Content starts
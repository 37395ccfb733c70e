-- ===== src/Diffing/DiffParser/Patch/Reading.antt =====
-- The lines of a patch, one by one: what the parser makes of each line that git prints.
use analysis_engine_service.Prelude.{
  ℕ, ◌≡◌, refl, ap, ◌∙◌, String, Bool, true, false, Bool-cases, inl, inr, Option, none, some,
  is_some, or_else, List, [], ◌∷◌, ◌++◌, if◌then◌else◌, eqb, All, arith, Dict,
}
use analysis_engine_service.Prelude.Raises.{Raises, ok, value_error, ◌>>=◌}
use analysis_engine_service.Prelude.Bytes.{Bytes, bytes, after, after-append}
use analysis_engine_service.Prelude.Bytes.Decimal.{show, read_number-show, EndsNumber}
use analysis_engine_service.Diffing.DiffParser.Patch.{
  PatchFile, State, read_count, read_range, match_hunk, add_range, apply_hunk, step, read_lines,
  on_line,
}
use analysis_engine_service.Diffing.DiffParser.Patch.Print.{
  Hunk, print_count, print_range, print_header, hunk_lines, is_body,
}

-- The count that `print_count` writes.
abbrev pub written : ℕ → Option ℕ
written n = if eqb n 1 then none else some n

-- The text does not go on with a digit or a comma.
abbrev pub EndsRange : Bytes → Type 0
EndsRange rest = EndsNumber rest × (after (bytes ",") rest ≡ none)

read_count-print_count :
    (n : ℕ) (rest : Bytes) → EndsRange rest → read_count (print_count n ++ rest) ≡ (written n, rest)
unfolding print_count read_count
read_count-print_count n rest h = elim (Bool-cases (eqb n 1)) [
  | inl one ↦ rw (one, h.1) refl
  | inr more ↦ rw (more, read_count, read_number-show n rest h.0) refl
]

EndsNumber-print_count :
    (n : ℕ) (rest : Bytes) → EndsNumber rest → EndsNumber (print_count n ++ rest)
unfolding print_count
EndsNumber-print_count n rest h = elim (Bool-cases (eqb n 1)) [
  | inl one ↦ rw one h
  | inr more ↦ rw more refl
]

read_range-print_range :
    (prefix : Bytes) (start n : ℕ) (rest : Bytes)
    → EndsRange rest
    → read_range prefix (prefix ++ print_range start n rest) ≡ some (start, written n, rest)
unfolding read_range print_range
read_range-print_range prefix start n rest h =
    rw
      (
        read_range,
        print_range,
        after-append prefix (show start ++ (print_count n ++ rest)),
        read_number-show start (print_count n ++ rest) (EndsNumber-print_count n rest h.0),
        read_count-print_count n rest h,
      )
      refl

pub match_hunk-print_header :
    (h : Hunk) → match_hunk (print_header h) ≡ some (h.new_start, written h.new_count)
unfolding match_hunk print_header
match_hunk-print_header h =
    rw
      (
        match_hunk,
        print_header,
        read_range-print_range (bytes "@@ -") h.old_start h.old_count
            (bytes " +" ++ print_range h.new_start h.new_count (bytes " @@" ++ h.context))
            (refl, refl),
        read_range-print_range (bytes " +") h.new_start h.new_count (bytes " @@" ++ h.context)
            (refl, refl),
      )
      refl

or_else-written : (n : ℕ) → or_else (written n) 1 ≡ n
or_else-written n = ground arith

pub apply_hunk-print_header :
    (h : Hunk) (file : PatchFile)
    → apply_hunk (print_header h) file ≡ add_range h.new_start h.new_count file
unfolding apply_hunk
apply_hunk-print_header h file =
    rw (apply_hunk, match_hunk-print_header h)
      (ap (λ n. add_range h.new_start n file) (or_else-written h.new_count))

-- The file after its hunks.
abbrev pub add_ranges : List Hunk → PatchFile → PatchFile
add_ranges [] file = file
add_ranges (h ∷ hs) file = add_ranges hs (add_range h.new_start h.new_count file)

body-none :
    (l : Bytes)
    → is_body l ≡ true
    → (is_some (after (bytes "@@") l) ≡ false) × (is_some (after (bytes "diff --git ") l) ≡ false)
body-none [] h = absurd (cc)
body-none (c ∷ l) h = (ground arith, ground arith)

-- The state in a file's section.
abbrev pub within : List PatchFile → PatchFile → Option String → Bool → Dict ℕ → State
within finished file minus hunks files = record {
  finished = finished;
  current = some file;
  minus_path = minus;
  in_hunks = hunks;
  files = files;
}

module _ (decode : Bytes → String) where
  pub read_lines-append :
      (s t : State) (ls ms : List Bytes)
      → read_lines decode s ls ≡ ok t
      → read_lines decode s (ls ++ ms) ≡ read_lines decode t ms
  unfolding read_lines
  read_lines-append s t ls ms h = go s ls ∙ ap (λ r. r >>= λ s'. read_lines decode s' ms) h
    where
      bind_assoc :
          (r : Raises State) (l : List Bytes)
          → ((s : State)
              → read_lines decode s (l ++ ms)
                ≡ (read_lines decode s l >>= λ s'. read_lines decode s' ms))
          → (r >>= λ s'. read_lines decode s' (l ++ ms))
            ≡ ((r >>= λ s'. read_lines decode s' l) >>= λ s'. read_lines decode s' ms)
      bind_assoc value_error l e = refl
      bind_assoc (ok a) l e = e a

      go :
          (s : State) (ls : List Bytes)
          → read_lines decode s (ls ++ ms)
            ≡ (read_lines decode s ls >>= λ s'. read_lines decode s' ms)
      go s [] = refl
      go s (l ∷ ls) = bind_assoc (step decode s l) ls (λ s'. go s' ls)

  step-body :
      (finished : List PatchFile) (file : PatchFile) (minus : Option String) (files : Dict ℕ)
      (l : Bytes)
      → is_body l ≡ true
      → step decode (within finished file minus true files) l
        ≡ ok (within finished file minus true files)
  unfolding step on_line
  step-body finished file minus files l w = rw ((body-none l w).1, (body-none l w).0) refl

  -- The lines of a hunk change nothing.
  read_lines-body :
      (finished : List PatchFile) (file : PatchFile) (minus : Option String) (files : Dict ℕ)
      (ls : List Bytes)
      → All (λ l. is_body l ≡ true) ls
      → read_lines decode (within finished file minus true files) ls
        ≡ ok (within finished file minus true files)
  unfolding read_lines
  read_lines-body finished file minus files [] w = refl
  read_lines-body finished file minus files (l ∷ ls) w =
      ap (λ r. r >>= λ s. read_lines decode s ls) (step-body finished file minus files l w.0)
      ∙ read_lines-body finished file minus files ls w.1

  step-header :
      (finished : List PatchFile) (file : PatchFile) (minus : Option String) (b : Bool)
      (files : Dict ℕ) (h : Hunk)
      → step decode (within finished file minus b files) (print_header h)
        ≡ ok (within finished (add_range h.new_start h.new_count file) minus true files)
  unfolding step on_line print_header
  step-header finished file minus b files h =
      ap (λ f. ok (within finished f minus true files)) (apply_hunk-print_header h file)

  read_lines-hunk :
      (finished : List PatchFile) (file : PatchFile) (minus : Option String) (b : Bool)
      (files : Dict ℕ) (h : Hunk)
      → All (λ l. is_body l ≡ true) h.body
      → read_lines decode (within finished file minus b files) (print_header h ∷ h.body)
        ≡ ok (within finished (add_range h.new_start h.new_count file) minus true files)
  unfolding read_lines
  read_lines-hunk finished file minus b files h w =
      ap (λ r. r >>= λ s. read_lines decode s h.body) (step-header finished file minus b files h)
      ∙ read_lines-body finished (add_range h.new_start h.new_count file) minus files h.body w

  -- The hunks of a file add their ranges.
  pub read_lines-hunks :
      (finished : List PatchFile) (file : PatchFile) (minus : Option String) (b : Bool)
      (files : Dict ℕ) (h : Hunk) (hs : List Hunk)
      → All (λ h. All (λ l. is_body l ≡ true) h.body) (h ∷ hs)
      → read_lines decode (within finished file minus b files) (hunk_lines (h ∷ hs))
        ≡ ok (within finished (add_ranges (h ∷ hs) file) minus true files)
  unfolding hunk_lines
  read_lines-hunks finished file minus b files h hs w =
      read_lines-append (within finished file minus b files)
        (within finished (add_range h.new_start h.new_count file) minus true files)
        (print_header h ∷ h.body) (hunk_lines hs)
        (read_lines-hunk finished file minus b files h w.0)
      ∙ more hs (add_range h.new_start h.new_count file) w.1
    where
      more :
          (hs : List Hunk) (file : PatchFile)
          → All (λ h. All (λ l. is_body l ≡ true) h.body) hs
          → read_lines decode (within finished file minus true files) (hunk_lines hs)
            ≡ ok (within finished (add_ranges hs file) minus true files)
      more [] file w = unfold read_lines in refl
      more (h ∷ hs) file w =
          read_lines-append (within finished file minus true files)
            (within finished (add_range h.new_start h.new_count file) minus true files)
            (print_header h ∷ h.body) (hunk_lines hs)
            (read_lines-hunk finished file minus true files h w.0)
          ∙ more hs (add_range h.new_start h.new_count file) w.1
Content ends
WORK TO BE COMPLETED — Exactly the lines above from the one with "print_range h.new_start h.new_count" to the one with "unfolding apply_hunk", both included, are to be quoted; leave the rest out.

OUTPUT OF THE EXERCISE —
            (bytes " +" ++ print_range h.new_start h.new_count (bytes " @@" ++ h.context))
            (refl, refl),
        read_range-print_range (bytes " +") h.new_start h.new_count (bytes " @@" ++ h.context)
            (refl, refl),
      )
      refl

or_else-written : (n : ℕ) → or_else (written n) 1 ≡ n
or_else-written n = ground arith

pub apply_hunk-print_header :
    (h : Hunk) (file : PatchFile)
    → apply_hunk (print_header h) file ≡ add_range h.new_start h.new_count file
unfolding apply_hunk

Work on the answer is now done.